A researcher closely following developments in Syria who asked to remain anonymous agreed that there is no precedent for a U.S. distribution of aid to Rukban, as the Syrian regime and its Russian backers control whether the U.N. is permitted to reach the area or not.

A senior administration official took issue with the Post article's characterization. The U.S. Agency for International Development has "refused to certify the need" at Rukban because it does not have access to the camp, the official said, or "we'd already be feeding those people."

Asked to respond to that claim, a USAID official said the United States is "pursuing every possible avenue to deliver aid to Rukban."

"The United States believes strongly that the population at Rukban is in need of humanitarian assistance, and we have advocated for and worked to help the U.N. deliver assistance for years," the official said, noting that the United States has provided more than $9.6 billion in aid since the start of the crisis to the most vulnerable populations. "Any assertion to the contrary is completely incorrect."
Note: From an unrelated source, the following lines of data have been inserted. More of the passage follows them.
-- ===== src/Command/Mount/Accepted.antt =====
-- What the settings of a mount that is served have passed.
use remote_s3_bucket_plugin.Bits.{bit_and-le_right}
use remote_s3_bucket_plugin.Table.{Text}
use remote_s3_bucket_plugin.Table.Laws.{some_inj, some_ne_none}
use remote_s3_bucket_plugin.Config.Source.{
  SourceError, Source, source, refused, is_empty, trim_space, parse_s3_url,
}
use remote_s3_bucket_plugin.Config.Values.{parse_octal, parse_mode, parse_size}
use remote_s3_bucket_plugin.Config.Settings.{Settings, Environment, normalize, refuse_settings}
use remote_s3_bucket_plugin.Config.Settings.Bounds.{
  IsSound, accepted-IsSound, validate-accepted, validate-refused,
}
use remote_s3_bucket_plugin.Command.Args.{Parsed, parsed, rejected, permute, parse}
use remote_s3_bucket_plugin.Command.Options.{apply_options}
use remote_s3_bucket_plugin.Command.Flags.{
  MountFlags, new_mount_flags, mount_flag_set, assign_all, explicit,
}
use remote_s3_bucket_plugin.Command.Mount.{
  Machine, fill_in, ◌>>=◌, owner_or, with_credentials, exclusive_ttl, finish, Exit, usage, fatal,
  serve, target, settle, with_options, with_target, with_words, after_parse, run_mount,
}
use remote_s3_bucket_plugin.Prelude.{
  ℕ, ◌-◌, ◌^◌, ◌<◌, bit_and, ◌≡◌, refl, sym, subst, ◌⊎◌, inl, inr, Bool, true, false, not, ◌&&◌,
  ◌||◌, Option, none, some, List, [], ◌∷◌, ◌++◌, arith, Bool-cases, Option-cases, set, codes,
}

-- Permission bits, with those of setuid, setgid and sticky.
pub record HasModes (g : Settings) : Type 0 where
  pub file_mode : g.file_mode < 4096
  pub dir_mode : g.dir_mode < 4096

-- Only 12 bits are left.
bit_and-lt : (m : ℕ) → bit_and m (8 ^ 4 - 1) < 4096
bit_and-lt m = omega (arith, bit_and-le_right m (8 ^ 4 - 1))

parse_mode-lt : (s : Text) (n : ℕ) → parse_mode s ≡ some n → n < 4096
unfolding parse_mode
parse_mode-lt s n h = elim (Option-cases (parse_octal (trim_space s))) [
  | inl bad ↦
      let wrong : none ≡ some n = rw (bad, parse_mode) at h in absurd (some_ne_none (sym wrong))
  | inr (m, found) ↦
      let is : some (bit_and m (8 ^ 4 - 1)) ≡ some n = rw (found, parse_mode) at h in
      omega (arith, some_inj is, bit_and-lt m)
]

-- What holds of a value, if there is one.
unfoldable Every : {B : Type 0} → (B → Type 0) → Option B → Type 0
Every P none = Unit
Every P (some b) = P b

every :
    {A B : Type 0} (P : B → Type 0) (o : Option A) (f : A → Option B)
    → ((a : A) → o ≡ some a → Every P (f a))
    → Every P (o >>= f)
unfolding Every
every P none f h = tt
every P (some a) f h = h a refl

credentials_lem :
    (env : Environment) (g : Settings)
    → ((with_credentials env g).file_mode ≡ g.file_mode)
      × ((with_credentials env g).dir_mode ≡ g.dir_mode)
unfolding with_credentials
credentials_lem env g =
    elim (Bool-cases (
      is_empty (env.get (codes "AWS_ACCESS_KEY_ID"))
      || is_empty (env.get (codes "AWS_SECRET_ACCESS_KEY")))) [
        | inl bare ↦ rw bare (refl, refl)
        | inr found ↦ rw found (refl, refl)
      ]

exclusive_lem :
    (chosen : Bool) (g : Settings)
    → ((exclusive_ttl chosen g).file_mode ≡ g.file_mode)
      × ((exclusive_ttl chosen g).dir_mode ≡ g.dir_mode)
unfolding exclusive_ttl
exclusive_lem chosen g = elim (Bool-cases (g.exclusive && not chosen)) [
  | inl longer ↦ rw longer (refl, refl)
  | inr same ↦ rw same (refl, refl)
]

moved_modes :
    (g g' : Settings)
    → (g'.file_mode ≡ g.file_mode) × (g'.dir_mode ≡ g.dir_mode)
    → HasModes g
    → HasModes g'
moved_modes g g' (file, dir) h = record {
  file_mode = omega (arith, file, h.file_mode);
  dir_mode = omega (arith, dir, h.dir_mode);
}

ready_modes :
    (env : Environment) (chosen : Bool) (g : Settings)
    → HasModes g
    → HasModes (with_credentials env (exclusive_ttl chosen g))
ready_modes env chosen g h =
    moved_modes (exclusive_ttl chosen g) (with_credentials env (exclusive_ttl chosen g))
      (credentials_lem env (exclusive_ttl chosen g))
      (moved_modes g (exclusive_ttl chosen g) (exclusive_lem chosen g) h)

finish-HasModes :
    (w : Machine) (chosen : Bool) (m : MountFlags) → Every HasModes (finish w chosen m)
unfolding finish Every
finish-HasModes w chosen m = every HasModes (parse_size w.floats m.cache_size) _ λ cache_size _.
    every HasModes (parse_size w.floats m.block_size) _ λ block_size _.
      every HasModes (parse_size w.floats m.readahead) _ λ readahead _.
        every HasModes (parse_size w.floats m.part_size) _ λ part_size _.
          every HasModes (parse_size w.floats m.multipart) _ λ multipart _.
            every HasModes (parse_mode m.file_mode) _ λ file_mode file.
              every HasModes (parse_mode m.dir_mode) _ λ dir_mode dir.
                every HasModes (owner_or w.accounts m.uid false m.cfg.uid) _ λ uid _.
                  every HasModes (owner_or w.accounts m.gid true m.cfg.gid) _ λ gid _.
                    ready_modes w.env chosen
                      (fill_in cache_size block_size readahead part_size multipart file_mode
                        dir_mode uid gid m.cfg)
                      (record {
                        file_mode = parse_mode-lt m.file_mode file_mode file;
                        dir_mode = parse_mode-lt m.dir_mode dir_mode dir;
                      })

-- What holds of the settings of a mount that is served.
unfoldable pub Served : (Settings → Type 0) → Exit → Type 0
Served P usage = Unit
Served P (fatal err) = Unit
Served P (serve g) = P g

-- The settings are sound, and the modes have no bits but those of permissions.
abbrev pub IsReady : Settings → Type 0
IsReady g = IsSound g × HasModes g

same_modes :
    (env : Environment) (g : Settings)
    → ((normalize env g).file_mode ≡ g.file_mode) × ((normalize env g).dir_mode ≡ g.dir_mode)
unfolding normalize
same_modes env g = (refl, refl)

settle-IsReady : (w : Machine) (chosen : Bool) (m : MountFlags) → Served IsReady (settle w chosen m)
unfolding settle Served Every
settle-IsReady w chosen m = elim (Option-cases (finish w chosen m)) [
  | inl bad ↦ rw (bad, Served, settle) tt
  | inr (g, done) ↦
      let modes : HasModes g = subst (Every HasModes) done (finish-HasModes w chosen m) in
      elim (Option-cases (refuse_settings g)) [
        | inr (err, wrong) ↦ rw (done, validate-refused w.env g err wrong, Served, settle) tt
        | inl ok ↦
            rw (done, validate-accepted w.env g ok, Served, settle)
              (
                accepted-IsSound w.env g ok,
                moved_modes g (normalize w.env g) (same_modes w.env g) modes,
              )
      ]
]

Source-cases :
    (s : Source)
    → ((err : SourceError) × (s ≡ refused err))
      ⊎ ((bucket : Text) × (prefix : Text) × (s ≡ source bucket prefix))
Source-cases (refused err) = inl (err, refl)
Source-cases (source bucket prefix) = inr (bucket, prefix, refl)

with_options-IsReady :
    (w : Machine) (given : List (Text × Text)) (m : MountFlags)
    → Served IsReady (with_options w given m)
unfolding with_options Served
with_options-IsReady w given m =
    let (more, err) = apply_options (mount_flag_set w.readers) m.option_list in
    elim (Option-cases err) [
      | inr (e, wrong) ↦ rw (wrong, Served, with_options) tt
      | inl fine ↦ elim (Option-cases (assign_all w.readers more m)) [
        | inl bad ↦ rw (fine, bad, Served, with_options) tt
        | inr (m', set) ↦
            rw (fine, set, Served, with_options)
              (settle-IsReady w (explicit (codes "kernel-ttl") (given ++ more)) m')
      ]
    ]

with_target-IsReady :
    (w : Machine) (given : List (Text × Text)) (spec dir : Text) (m : MountFlags)
    → Served IsReady (with_target w given spec dir m)
unfolding with_target Served
with_target-IsReady w given spec dir m = elim (Source-cases (parse_s3_url spec)) [
  | inl (err, wrong) ↦ rw (wrong, Served, with_target) tt
  | inr (bucket, prefix, found) ↦ elim (Option-cases (w.absolute dir)) [
    | inl bad ↦ rw (found, bad, Served, with_target) tt
    | inr (mountpoint, at) ↦
        rw (found, at, Served, with_target)
          (with_options-IsReady w given (target bucket prefix mountpoint m))
  ]
]

with_words-IsReady :
    (w : Machine) (given : List (Text × Text)) (words : List Text) (m : MountFlags)
    → Served IsReady (with_words w given words m)
unfolding with_words Served
with_words-IsReady w given [] m = tt
with_words-IsReady w given (spec ∷ []) m = tt
with_words-IsReady w given (spec ∷ dir ∷ rest) m = with_target-IsReady w given spec dir m

after_parse-IsReady : (w : Machine) (p : Parsed) → Served IsReady (after_parse w p)
unfolding after_parse Served
after_parse-IsReady w (rejected err) = tt
after_parse-IsReady w (parsed given rest) =
    elim (Option-cases (assign_all w.readers given (new_mount_flags w.env w.uid w.gid))) [
      | inl bad ↦ rw (bad, Served, after_parse) tt
      | inr (m, set) ↦ rw (set, Served, after_parse) (with_words-IsReady w given rest m)
    ]

-- The settings of a mount that `runMount` serves have blocks of 64 KiB and parts of 5 MiB at least,
-- a worker for each kind of work, a bucket, a mountpoint, a cache directory and a known mode of
-- attributes, and their default modes have permission bits alone, whatever the command line is.
pub run_mount-IsReady : (w : Machine) (args : List Text) → Served IsReady (run_mount w args)
unfolding run_mount
run_mount-IsReady w args =
    after_parse-IsReady w
      (parse (mount_flag_set w.readers) none (permute (mount_flag_set w.readers) args))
But Colin Clarke, a senior fellow at the Soufan Center and an adjunct senior political scientist at the Rand Corp., criticized the U.S. government for washing its hands of the Syria problem after the defeat of the Islamic State's territorial holdings.

"This is the United States," Clarke said. "If we really wanted something to happen and we really pushed for it, we could make it happen."

Whoever is to blame, the situation inside the camp is unquestionably desperate. Thousands of internally displaced persons have now fled Rukban, risking arrest by regime forces or conscription into military service rather than staying put due to the extreme conditions, according to Etana.

"We will die either way, in this squalid camp or in the hands of the regime ... the camp is living the worst situation ever since it was created," a source inside the camp told Etana.

Those left in the camp are suffering from severe malnutrition, surviving on bread made with ingredients normally used to feed animals, the group reported. In some cases, the bread has led to cases of food poisoning. Even so, nourishment is so scarce that even the bread is considered "a treat."

Meanwhile, goods that do reach the camp are "unaffordable" due to carefully controlled smuggling and price-fixing, which is controlled by the regime's local military officers.

"Prices have been fixed to exponential levels, which is exacerbating the dire humanitarian conditions inside the camp," according to Etana.

Medical conditions are even worse. The few nurses available lack the adequate medical experience and are not able or permitted to provide the critical treatments, including surgeries.

Those who remain are holding out hope for another aid delivery. But that possibility looks increasingly unlikely, as all parties involved point fingers.

"This is reflective of this whole situation where we spent so much time and energy and resources on the kinetic part of this fight, and then as soon as Baghouz fell we just kind of washed our hands and walked away," Clarke said.